(PROMPT):
Once the line holding "pub sink : Bool" is found in the listing below, write it out and each later line exactly, up to and including the one holding "pub stale_completions : List TxOutcome".

(EXTRACTED MATERIAL):
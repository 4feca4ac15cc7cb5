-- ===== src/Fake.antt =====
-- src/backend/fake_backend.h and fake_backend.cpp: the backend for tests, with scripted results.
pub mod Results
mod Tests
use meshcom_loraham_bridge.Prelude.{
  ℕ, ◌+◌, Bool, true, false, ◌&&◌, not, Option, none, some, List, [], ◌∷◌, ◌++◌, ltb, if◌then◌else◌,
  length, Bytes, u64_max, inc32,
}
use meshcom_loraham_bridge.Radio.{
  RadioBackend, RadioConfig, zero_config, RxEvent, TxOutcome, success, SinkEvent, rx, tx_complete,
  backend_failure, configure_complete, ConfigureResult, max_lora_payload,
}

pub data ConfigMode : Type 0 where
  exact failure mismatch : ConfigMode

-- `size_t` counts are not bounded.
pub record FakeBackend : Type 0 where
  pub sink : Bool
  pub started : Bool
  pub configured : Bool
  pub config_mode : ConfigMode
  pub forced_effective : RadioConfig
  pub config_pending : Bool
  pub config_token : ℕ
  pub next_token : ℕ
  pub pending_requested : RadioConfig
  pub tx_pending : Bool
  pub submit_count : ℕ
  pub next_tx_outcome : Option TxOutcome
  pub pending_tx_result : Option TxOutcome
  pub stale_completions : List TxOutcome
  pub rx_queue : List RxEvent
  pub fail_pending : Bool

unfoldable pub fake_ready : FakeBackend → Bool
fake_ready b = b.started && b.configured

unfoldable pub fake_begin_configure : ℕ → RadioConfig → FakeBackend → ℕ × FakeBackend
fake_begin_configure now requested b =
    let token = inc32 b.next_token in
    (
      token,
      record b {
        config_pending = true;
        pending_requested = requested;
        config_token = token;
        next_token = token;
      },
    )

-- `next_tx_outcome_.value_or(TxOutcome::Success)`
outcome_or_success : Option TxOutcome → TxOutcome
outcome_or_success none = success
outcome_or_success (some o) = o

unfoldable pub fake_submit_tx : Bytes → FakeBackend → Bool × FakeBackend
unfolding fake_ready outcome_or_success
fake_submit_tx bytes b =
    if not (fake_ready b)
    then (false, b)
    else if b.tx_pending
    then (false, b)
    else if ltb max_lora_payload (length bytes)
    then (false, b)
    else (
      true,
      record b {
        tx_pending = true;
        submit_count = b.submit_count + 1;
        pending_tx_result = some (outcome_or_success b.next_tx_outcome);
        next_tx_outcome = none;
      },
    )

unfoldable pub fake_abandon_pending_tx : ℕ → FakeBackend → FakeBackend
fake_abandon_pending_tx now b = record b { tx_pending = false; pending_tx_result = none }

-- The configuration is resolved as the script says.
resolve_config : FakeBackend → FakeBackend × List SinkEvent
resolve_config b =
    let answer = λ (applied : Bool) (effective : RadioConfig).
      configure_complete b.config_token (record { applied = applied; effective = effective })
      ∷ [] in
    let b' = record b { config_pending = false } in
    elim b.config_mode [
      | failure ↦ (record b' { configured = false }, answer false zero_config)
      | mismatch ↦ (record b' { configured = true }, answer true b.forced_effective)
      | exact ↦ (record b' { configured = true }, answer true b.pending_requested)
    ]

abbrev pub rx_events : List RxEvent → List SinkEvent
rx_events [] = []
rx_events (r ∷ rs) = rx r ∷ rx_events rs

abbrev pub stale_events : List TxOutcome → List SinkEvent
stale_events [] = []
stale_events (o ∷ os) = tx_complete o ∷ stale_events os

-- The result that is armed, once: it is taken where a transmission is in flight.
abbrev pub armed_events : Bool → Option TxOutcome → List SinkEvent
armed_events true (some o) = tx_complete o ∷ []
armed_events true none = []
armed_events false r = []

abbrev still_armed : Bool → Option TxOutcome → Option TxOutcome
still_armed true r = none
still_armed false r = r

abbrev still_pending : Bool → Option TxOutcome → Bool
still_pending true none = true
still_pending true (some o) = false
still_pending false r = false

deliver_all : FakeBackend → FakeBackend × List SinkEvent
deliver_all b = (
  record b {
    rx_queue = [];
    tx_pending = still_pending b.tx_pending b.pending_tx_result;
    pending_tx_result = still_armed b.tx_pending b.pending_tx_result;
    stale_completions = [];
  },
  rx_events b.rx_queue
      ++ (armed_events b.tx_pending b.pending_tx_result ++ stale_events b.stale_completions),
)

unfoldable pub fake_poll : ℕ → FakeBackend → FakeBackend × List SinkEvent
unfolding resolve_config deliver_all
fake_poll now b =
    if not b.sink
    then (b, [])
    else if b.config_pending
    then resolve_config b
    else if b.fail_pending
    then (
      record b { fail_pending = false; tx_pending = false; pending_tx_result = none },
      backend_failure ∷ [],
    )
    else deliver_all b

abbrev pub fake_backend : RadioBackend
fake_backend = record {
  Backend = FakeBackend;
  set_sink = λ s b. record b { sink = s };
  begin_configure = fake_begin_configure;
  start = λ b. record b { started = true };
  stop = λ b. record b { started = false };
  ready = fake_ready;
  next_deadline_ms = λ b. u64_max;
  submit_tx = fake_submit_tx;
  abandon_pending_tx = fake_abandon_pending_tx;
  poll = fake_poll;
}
==
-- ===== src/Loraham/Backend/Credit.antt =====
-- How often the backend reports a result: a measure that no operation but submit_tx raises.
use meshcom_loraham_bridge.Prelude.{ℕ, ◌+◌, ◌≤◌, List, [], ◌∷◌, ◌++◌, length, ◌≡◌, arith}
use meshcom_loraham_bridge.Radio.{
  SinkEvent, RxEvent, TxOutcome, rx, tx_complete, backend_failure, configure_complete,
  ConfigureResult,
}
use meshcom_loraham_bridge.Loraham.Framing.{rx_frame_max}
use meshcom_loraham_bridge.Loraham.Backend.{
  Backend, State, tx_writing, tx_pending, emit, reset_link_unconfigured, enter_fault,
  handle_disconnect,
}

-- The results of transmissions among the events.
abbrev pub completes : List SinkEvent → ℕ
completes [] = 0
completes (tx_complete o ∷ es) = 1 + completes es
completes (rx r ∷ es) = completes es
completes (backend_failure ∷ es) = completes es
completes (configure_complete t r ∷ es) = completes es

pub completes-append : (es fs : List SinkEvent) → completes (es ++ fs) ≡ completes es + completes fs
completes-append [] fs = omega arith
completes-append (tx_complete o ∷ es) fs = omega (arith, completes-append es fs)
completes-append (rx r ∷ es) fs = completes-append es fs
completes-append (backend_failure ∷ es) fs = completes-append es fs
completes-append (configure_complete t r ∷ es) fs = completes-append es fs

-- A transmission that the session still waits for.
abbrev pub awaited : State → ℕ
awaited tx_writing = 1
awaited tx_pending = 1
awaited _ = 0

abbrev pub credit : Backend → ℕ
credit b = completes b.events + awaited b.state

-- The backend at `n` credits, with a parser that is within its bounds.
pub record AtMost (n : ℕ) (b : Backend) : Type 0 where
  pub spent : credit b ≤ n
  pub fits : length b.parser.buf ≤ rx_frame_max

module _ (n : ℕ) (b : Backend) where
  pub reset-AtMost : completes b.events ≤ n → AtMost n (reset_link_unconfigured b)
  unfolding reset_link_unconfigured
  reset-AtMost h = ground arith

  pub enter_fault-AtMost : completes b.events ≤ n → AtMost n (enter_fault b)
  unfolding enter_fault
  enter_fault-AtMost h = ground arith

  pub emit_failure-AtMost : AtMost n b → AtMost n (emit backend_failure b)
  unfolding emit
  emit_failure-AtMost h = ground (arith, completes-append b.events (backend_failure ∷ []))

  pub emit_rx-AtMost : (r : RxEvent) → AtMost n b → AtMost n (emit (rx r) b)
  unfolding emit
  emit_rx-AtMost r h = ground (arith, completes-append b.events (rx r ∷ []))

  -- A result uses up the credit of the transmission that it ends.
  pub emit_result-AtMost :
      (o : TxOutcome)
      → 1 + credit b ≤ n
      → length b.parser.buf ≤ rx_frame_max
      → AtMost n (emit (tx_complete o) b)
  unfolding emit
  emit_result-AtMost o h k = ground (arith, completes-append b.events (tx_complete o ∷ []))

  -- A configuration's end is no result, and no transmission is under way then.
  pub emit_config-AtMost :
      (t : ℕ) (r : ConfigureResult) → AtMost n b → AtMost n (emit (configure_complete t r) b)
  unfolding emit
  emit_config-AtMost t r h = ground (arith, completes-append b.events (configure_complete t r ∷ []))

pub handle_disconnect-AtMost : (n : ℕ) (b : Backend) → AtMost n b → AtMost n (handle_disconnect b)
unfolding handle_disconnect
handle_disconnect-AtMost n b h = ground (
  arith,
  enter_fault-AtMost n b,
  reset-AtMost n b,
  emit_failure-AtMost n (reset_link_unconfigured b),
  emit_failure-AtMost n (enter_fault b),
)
...
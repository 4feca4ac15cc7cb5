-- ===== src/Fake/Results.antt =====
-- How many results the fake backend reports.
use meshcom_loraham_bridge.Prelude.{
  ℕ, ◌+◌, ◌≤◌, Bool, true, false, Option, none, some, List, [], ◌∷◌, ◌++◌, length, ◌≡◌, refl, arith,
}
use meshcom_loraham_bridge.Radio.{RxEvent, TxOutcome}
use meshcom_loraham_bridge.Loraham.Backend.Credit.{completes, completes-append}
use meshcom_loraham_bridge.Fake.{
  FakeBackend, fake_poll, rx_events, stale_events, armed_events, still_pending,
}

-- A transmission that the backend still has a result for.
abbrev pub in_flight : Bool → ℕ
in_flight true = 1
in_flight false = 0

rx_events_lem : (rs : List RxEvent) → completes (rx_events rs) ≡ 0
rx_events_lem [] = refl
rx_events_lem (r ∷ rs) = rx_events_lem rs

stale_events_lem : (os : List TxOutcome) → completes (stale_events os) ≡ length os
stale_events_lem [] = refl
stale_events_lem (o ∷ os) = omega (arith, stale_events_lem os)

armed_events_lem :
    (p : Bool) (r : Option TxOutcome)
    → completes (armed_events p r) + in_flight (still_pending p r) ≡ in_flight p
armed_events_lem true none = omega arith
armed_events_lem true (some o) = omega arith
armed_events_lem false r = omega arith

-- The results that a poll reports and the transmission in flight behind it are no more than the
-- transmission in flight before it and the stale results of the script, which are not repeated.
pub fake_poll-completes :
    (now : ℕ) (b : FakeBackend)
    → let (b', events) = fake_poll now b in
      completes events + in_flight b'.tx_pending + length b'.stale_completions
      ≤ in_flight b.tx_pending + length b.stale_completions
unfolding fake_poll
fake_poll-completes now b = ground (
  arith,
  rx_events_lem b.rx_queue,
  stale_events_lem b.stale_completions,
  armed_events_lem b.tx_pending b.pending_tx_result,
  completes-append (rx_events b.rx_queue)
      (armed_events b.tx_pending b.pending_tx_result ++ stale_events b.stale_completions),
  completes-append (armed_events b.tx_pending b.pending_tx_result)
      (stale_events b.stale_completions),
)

(RESULT OF THIS TASK):
  pub sink : Bool
  pub started : Bool
  pub configured : Bool
  pub config_mode : ConfigMode
  pub forced_effective : RadioConfig
  pub config_pending : Bool
  pub config_token : ℕ
  pub next_token : ℕ
  pub pending_requested : RadioConfig
  pub tx_pending : Bool
  pub submit_count : ℕ
  pub next_tx_outcome : Option TxOutcome
  pub pending_tx_result : Option TxOutcome
  pub stale_completions : List TxOutcome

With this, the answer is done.